Since neither my sister nor I were moving back to Ohio, we convinced Mom to move near one of us. (It wasn’t a hard choice between the mountains of N.C. and the “jungles” of Los Angeles!)

It was a courageous decision for my mother. Every transition means saying goodbye to something. Every choice involves some loss. Mom was leaving familiar territory and countless landmarks of her 81 years. She was leaving her lifelong friends.

“Friends are important when you’re getting old,” Mom told me. “You feel left out of things because people don’t want to be bothered with you, but you know your friends accept you. Old friends help you hold on to the past, because you share so many memories.”
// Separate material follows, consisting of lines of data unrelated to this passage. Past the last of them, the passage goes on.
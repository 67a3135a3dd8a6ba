-- ===== src/Profiles/Refinement.antt =====
-- The profiles without a cache, and that no answer of modpacks/models/legacyprofile.py shows whether
-- there is one.
use thunderstore.Prelude.{
  ℕ, suc, ◌+◌, ◌≤◌, ◌≡◌, refl, ap, ap₂, ◌∙◌, subst, ◌⊎◌, inl, inr, Bool, true, false, Option, none,
  some, List, [], ◌∷◌, ◌++◌, arith, ltb, ◌==ℕ◌, if◌then◌else◌, Bool-cases, Option-cases, length,
  select, first, All-select, Refusal, Result, Failure, validation, ok, err, does_not_exist, Text,
}
use thunderstore.Profiles.{
  LegacyProfile, ProfileStore, ProfileSettings, total_size, get_total_used_disk_space,
  get_or_create_from_upload, store_upload, get_file_url, cached_id, remember, create_profile,
  cached_name,
}
use thunderstore.Profiles.Coherent.{
  found_id, found_name, IsCollisionFree, IsCoherent, IsSized, first-found, cached_id-found,
  remember-Coherent, create_profile-Coherent, cached_name-found, total_size-append, get_total-cases,
  resized-Coherent,
}

-- The table alone
pub record ProfileTable : Type 0 where
  pub profiles : List LegacyProfile
  pub fresh : ℕ

abbrev pub table : ProfileStore → ProfileTable
table s = record { profiles = s.profiles; fresh = s.fresh }

pub data ProfileRequest : Type 0 where
  upload : Text → ProfileRequest
  file_url : ℕ → ProfileRequest
  -- The cache drops the entries that are not kept, and the size if it is not kept.
  drop : (Text × ℕ → Bool) → (ℕ × Text → Bool) → Bool → ProfileRequest

pub data ProfileAnswer : Type 0 where
  uploaded : Result Refusal ℕ → ProfileAnswer
  located : Result Failure Text → ProfileAnswer
  dropped : ProfileAnswer

module _ (settings : ProfileSettings) where
  open settings use {sha256, saved_name, url, storage_cap}

  abbrev storage_full : Refusal
  storage_full =
      validation "The server has reached maximum total storage used, and can't receive new uploads"

  -- Uploads and addresses as they are meant: one row for each content, while there is room
  pub stored_upload : Text → ProfileTable → Result Refusal ℕ × ProfileTable
  stored_upload content t =
      if ltb storage_cap (length content + total_size t.profiles)
      then (err storage_full, t)
      else elim (found_id (sha256 content) t.profiles) [
        | some id ↦ (ok id, t)
        | none ↦ (
          ok t.fresh,
          record {
            profiles =
                t.profiles
                ++ record {
                  id = t.fresh;
                  file_name = saved_name t.fresh;
                  file_sha256 = sha256 content;
                  file_size = length content;
                }
                  ∷ [];
            fresh = suc t.fresh;
          },
        )
      ]

  pub stored_url : ℕ → ProfileTable → Result Failure Text
  stored_url id t = elim (found_name id t.profiles) [
    | none ↦ err does_not_exist
    | some name ↦ ok (url name)
  ]

  pub serve : ProfileRequest → ProfileStore → ProfileAnswer × ProfileStore
  serve (upload content) s =
      let (answer, s') = get_or_create_from_upload settings content s in (uploaded answer, s')
  serve (file_url id) s = let (answer, s') = get_file_url settings id s in (located answer, s')
  serve (drop keep_id keep_name keep_size) s = (
    dropped,
    record s {
      id_cache = select keep_id s.id_cache;
      file_cache = select keep_name s.file_cache;
      size_cache = if keep_size then s.size_cache else none;
    },
  )

  pub serve_stored : ProfileRequest → ProfileTable → ProfileAnswer × ProfileTable
  unfolding stored_upload stored_url
  serve_stored (upload content) t =
      let (answer, t') = stored_upload content t in (uploaded answer, t')
  serve_stored (file_url id) t = (located (stored_url id t), t)
  serve_stored (drop keep_id keep_name keep_size) t = (dropped, t)

  pub run : List ProfileRequest → ProfileStore → List ProfileAnswer × ProfileStore
  unfolding serve
  run [] s = ([], s)
  run (r ∷ rs) s =
      let (answer, s') = serve r s in let (answers, s'') = run rs s' in (answer ∷ answers, s'')

  pub run_stored : List ProfileRequest → ProfileTable → List ProfileAnswer × ProfileTable
  unfolding serve_stored
  run_stored [] t = ([], t)
  run_stored (r ∷ rs) t =
      let (answer, t') = serve_stored r t in
      let (answers, t'') = run_stored rs t' in (answer ∷ answers, t'')

  -- One request: the same answer and the same table, a cache that is right, and room in the storage.
  record Refines (r : ProfileRequest) (s : ProfileStore) : Type 0 where
    answer : (serve r s).0 ≡ (serve_stored r (table s)).0
    rows : table (serve r s).1 ≡ (serve_stored r (table s)).1
    coherent : IsCoherent settings (serve r s).1
    room : total_size (serve r s).1.profiles ≤ storage_cap

  upload-Refines :
      (content : Text) (s s1 s' : ProfileStore) (a : Result Refusal ℕ)
      → table s1 ≡ table s
      → get_or_create_from_upload settings content s ≡ (a, s')
      → stored_upload content (table s1) ≡ (a, table s')
      → IsCoherent settings s'
      → total_size s'.profiles ≤ storage_cap
      → Refines (upload content) s
  unfolding serve serve_stored
  upload-Refines content s s1 s' a t u v c room =
      let w : stored_upload content (table s) ≡ (a, table s') =
        subst (λ x. stored_upload content x ≡ (a, table s')) t v in
      record { answer = rw (u, w) refl; rows = rw (u, w) refl; coherent = rw u c; room = rw u room }

  module _ (free : IsCollisionFree settings) where
    -- With the space that is used at hand
    after_total :
        (content : Text) (s s1 : ProfileStore)
        → IsCoherent settings s1
        → table s1 ≡ table s
        → total_size s1.profiles ≤ storage_cap
        → get_total_used_disk_space s ≡ (total_size s1.profiles, s1)
        → Refines (upload content) s
    unfolding get_or_create_from_upload store_upload stored_upload total_size
    after_total content s s1 c t room e =
        let start : get_or_create_from_upload settings content s
            ≡ store_upload settings content (total_size s1.profiles) s1 =
          ap (λ (x : ℕ × ProfileStore). store_upload settings content x.0 x.1) e in
        elim (Bool-cases (ltb storage_cap (length content + total_size s1.profiles))) [
          | inl full ↦
              upload-Refines content s s1 s1 (err storage_full) t (start ∙ (rw full refl))
                (rw full refl) c room
          | inr fits ↦ elim (Option-cases (cached_id (sha256 content) s1.id_cache)) [
            | inr (id, hit) ↦
                let found =
                  cached_id-found settings s1.profiles (sha256 content) id s1.id_cache c.ids hit in
                upload-Refines content s s1 s1 (ok id) t (start ∙ (rw (fits, hit) refl))
                  (rw (fits, found) refl) c room
            | inl miss ↦
                elim (first-found settings s1.profiles s1.fresh content free c.rows c.distinct) [
                  | inl (m, n) ↦
                      let made = create_profile settings content (sha256 content) s1 in
                      upload-Refines content s s1 (remember settings made.0 (sha256 content) made.1)
                        (ok s1.fresh) t (start ∙ (rw (fits, miss, m) refl)) (rw (fits, n) refl)
                        (create_profile-Coherent settings s1 content c n)
                        (ground (arith, total_size-append settings s1.profiles made.0))
                  | inr (p, m, n, name) ↦
                      upload-Refines content s s1 (remember settings p (sha256 content) s1)
                        (ok p.id) t (start ∙ (rw (fits, miss, m) refl)) (rw (fits, n) refl)
                        (remember-Coherent settings s1 p (sha256 content) c n name) room
                ]
          ]
        ]

  IsSized-drop :
      (b : Bool) (o : Option ℕ) (ps : List LegacyProfile)
      → IsSized o ps
      → IsSized (if b then o else none) ps
  IsSized-drop true o ps h = h
  IsSized-drop false o ps h = tt

  drop-Refines :
      (keep_id : Text × ℕ → Bool) (keep_name : ℕ × Text → Bool) (keep_size : Bool)
      (s : ProfileStore)
      → IsCoherent settings s
      → total_size s.profiles ≤ storage_cap
      → Refines (drop keep_id keep_name keep_size) s
  unfolding serve serve_stored
  drop-Refines keep_id keep_name keep_size s c room = record {
    answer = refl;
    rows = refl;
    coherent = record {
      rows = c.rows;
      distinct = c.distinct;
      sized = IsSized-drop keep_size s.size_cache s.profiles c.sized;
      ids =
          All-select (λ (e : Text × ℕ). found_id e.0 s.profiles ≡ some e.1) keep_id s.id_cache
            c.ids;
      names =
          All-select (λ (e : ℕ × Text). found_name e.0 s.profiles ≡ some e.1) keep_name s.file_cache
            c.names;
    };
    room = room;
  }

  found_name-first :
      (key : ℕ) (ps : List LegacyProfile)
      → ((first (λ (p : LegacyProfile). p.id ==ℕ key) ps ≡ none) × (found_name key ps ≡ none))
        ⊎ ((p : LegacyProfile) × (first (λ (p : LegacyProfile). p.id ==ℕ key) ps ≡ some p)
            × (found_name key ps ≡ some p.file_name))
  found_name-first key [] = inl (refl, refl)
  found_name-first key (p ∷ ps) = elim (Bool-cases (p.id ==ℕ key)) [
    | inl e ↦ inr (p, rw e refl, rw e refl)
    | inr e ↦ elim (found_name-first key ps) [
      | inl (m, n) ↦ inl (rw e m, rw e n)
      | inr (q, m, n) ↦ inr (q, rw e m, rw e n)
    ]
  ]

  named-Coherent :
      (s : ProfileStore) (key : ℕ) (name : Text)
      → IsCoherent settings s
      → found_name key s.profiles ≡ some name
      → IsCoherent settings (record s { file_cache = (key, name) ∷ s.file_cache })
  named-Coherent s key name c h = record {
    rows = c.rows;
    distinct = c.distinct;
    sized = c.sized;
    ids = c.ids;
    names = (h, c.names);
  }

  located-Refines :
      (key : ℕ) (s s' : ProfileStore) (a : Result Failure Text)
      → get_file_url settings key s ≡ (a, s')
      → stored_url key (table s) ≡ a
      → table s' ≡ table s
      → IsCoherent settings s'
      → total_size s'.profiles ≤ storage_cap
      → Refines (file_url key) s
  unfolding serve serve_stored
  located-Refines key s s' a u v t c room = record {
    answer = rw (u, v) refl;
    rows = rw u t;
    coherent = rw u c;
    room = rw u room;
  }

  uncached_url-Refines :
      (key : ℕ) (s : ProfileStore)
      → IsCoherent settings s
      → total_size s.profiles ≤ storage_cap
      → (cached_name key s.file_cache ≡ none) ⊎ (cached_name key s.file_cache ≡ some [])
      → Refines (file_url key) s
  unfolding get_file_url stored_url
  uncached_url-Refines key s c room miss = elim (found_name-first key s.profiles) [
    | inl (m, n) ↦
        located-Refines key s s (err does_not_exist) (ground (arith, m)) (rw (n, stored_url) refl)
          refl c room
    | inr (p, m, n) ↦
        located-Refines key s (record s { file_cache = (key, p.file_name) ∷ s.file_cache })
          (ok (url p.file_name)) (ground (arith, m)) (rw (n, stored_url) refl) refl
          (named-Coherent s key p.file_name c n) room
  ]

  url-Refines :
      (key : ℕ) (s : ProfileStore)
      → IsCoherent settings s
      → total_size s.profiles ≤ storage_cap
      → Refines (file_url key) s
  unfolding get_file_url stored_url
  url-Refines key s c room = elim (Option-cases (cached_name key s.file_cache)) [
    | inl e ↦ uncached_url-Refines key s c room (inl e)
    | inr ([], e) ↦ uncached_url-Refines key s c room (inr e)
    | inr (x ∷ name, e) ↦
        let found = cached_name-found settings s.profiles key (x ∷ name) s.file_cache c.names e in
        located-Refines key s s (ok (url (x ∷ name))) (rw (e, get_file_url) refl)
          (rw (found, stored_url) refl) refl c room
  ]

  module _ (free : IsCollisionFree settings) where
    serve-Refines :
        (r : ProfileRequest) (s : ProfileStore)
        → IsCoherent settings s
        → total_size s.profiles ≤ storage_cap
        → Refines r s
    serve-Refines (upload content) s c room =
        let (o, e, right) = get_total-cases settings s c in
        after_total free content s (record s { size_cache = o })
          (resized-Coherent settings s o c right) refl room e
    serve-Refines (file_url key) s c room = url-Refines key s c room
    serve-Refines (drop keep_id keep_name keep_size) s c room =
        drop-Refines keep_id keep_name keep_size s c room

    run-Refines :
        (rs : List ProfileRequest) (s : ProfileStore)
        → IsCoherent settings s
        → total_size s.profiles ≤ storage_cap
        → ((run rs s).0 ≡ (run_stored rs (table s)).0)
          × (table (run rs s).1 ≡ (run_stored rs (table s)).1)
          × (total_size (run rs s).1.profiles ≤ storage_cap)
    unfolding run run_stored
    run-Refines [] s c room = (refl, refl, room)
    run-Refines (r ∷ rs) s c room =
        let step = serve-Refines r s c room in
        let (answers, rows, fits) = run-Refines rs (serve r s).1 step.coherent step.room in
        (
          ap₂ (λ a as'. a ∷ as') step.answer (answers ∙ ap (λ t. (run_stored rs t).0) step.rows),
          rows ∙ ap (λ t. (run_stored rs t).1) step.rows,
          fits,
        )

abbrev pub empty_store : ProfileStore
empty_store = record { profiles = []; fresh = 0; id_cache = []; file_cache = []; size_cache = none }

-- Whatever is uploaded and asked for, and whenever the cache loses entries: from an empty store on,
-- every answer is the one that the table alone gives, with one row for each content, the table is the
-- same, and the files are never more than the storage may hold, if the checksums have no collision.
pub run-run_stored :
    (settings : ProfileSettings) (rs : List ProfileRequest)
    → IsCollisionFree settings
    → ((run settings rs empty_store).0 ≡ (run_stored settings rs (table empty_store)).0)
      × (table (run settings rs empty_store).1 ≡ (run_stored settings rs (table empty_store)).1)
      × (total_size (run settings rs empty_store).1.profiles ≤ settings.storage_cap)
unfolding total_size
run-run_stored settings rs free =
    run-Refines settings free rs empty_store
      (record { rows = tt; distinct = tt; sized = tt; ids = tt; names = tt }) (omega arith)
I recalled the farewell party for Mom before she moved. Her friends shared favorite stories. “Remember the lifeguard you had such a crush on at camp?” asked one. “I should have married him!” my mother said, giggling, “but my father didn’t approve.” She dug through a box of photographs and produced a worn picture of “Bud.” (What a hunk!) My mother tells of her canoeing date with a young man on a nearby lake. The canoe suddenly tipped over and her suitor swam for his life, back to shore. Mom stood up in the waist-deep water and pulled the canoe in. Her friends have heard this story many times but still laugh. I loved watching my mother, bathed in the warmth of her friendships.

In trying to better understand Mom’s transition, I talk to seniors I’ve met here in L.A., through my work as an oral historian.

“I wouldn’t want to move to another place where I didn’t have old friends,” says Edith Meyer. Having lived here for decades, she has many friends. Her son Ron is also nearby. I ask Edith what she’d do if she had to choose between living near friends or children. “Oh. My children. I see my children more than my friends now.”

Edith just turned 80. Two of her closest friends have died in recent years. “It was very hard, because we were extremely close,” she says. The key to adjusting to growing older, she adds, is staying active. “I have a pretty full life. I work at the Skirball and I go to a ceramics class and make new friends there.”

I think about my mother, adjusting to a new life in North Carolina. I dial her number.

“Hello?” Mom answers, laughing. “What’s going on there?” I ask. She can barely talk she is giggling so much. I hear my sister and brother-in-law in the background, also laughing. “I have all four dogs on top of me,” Mom says. “What else is new?” I ask, hesitantly. “I started swimming at the health club,” she reports, “and I met a nice old woman there.” A beginning — at least for now. I let out the breath I was holding, and hang up with a smile of relief.


Ellie Kahn is an oral historian, freelance writer and the owner of Living Legacies Family Histories in West L.A.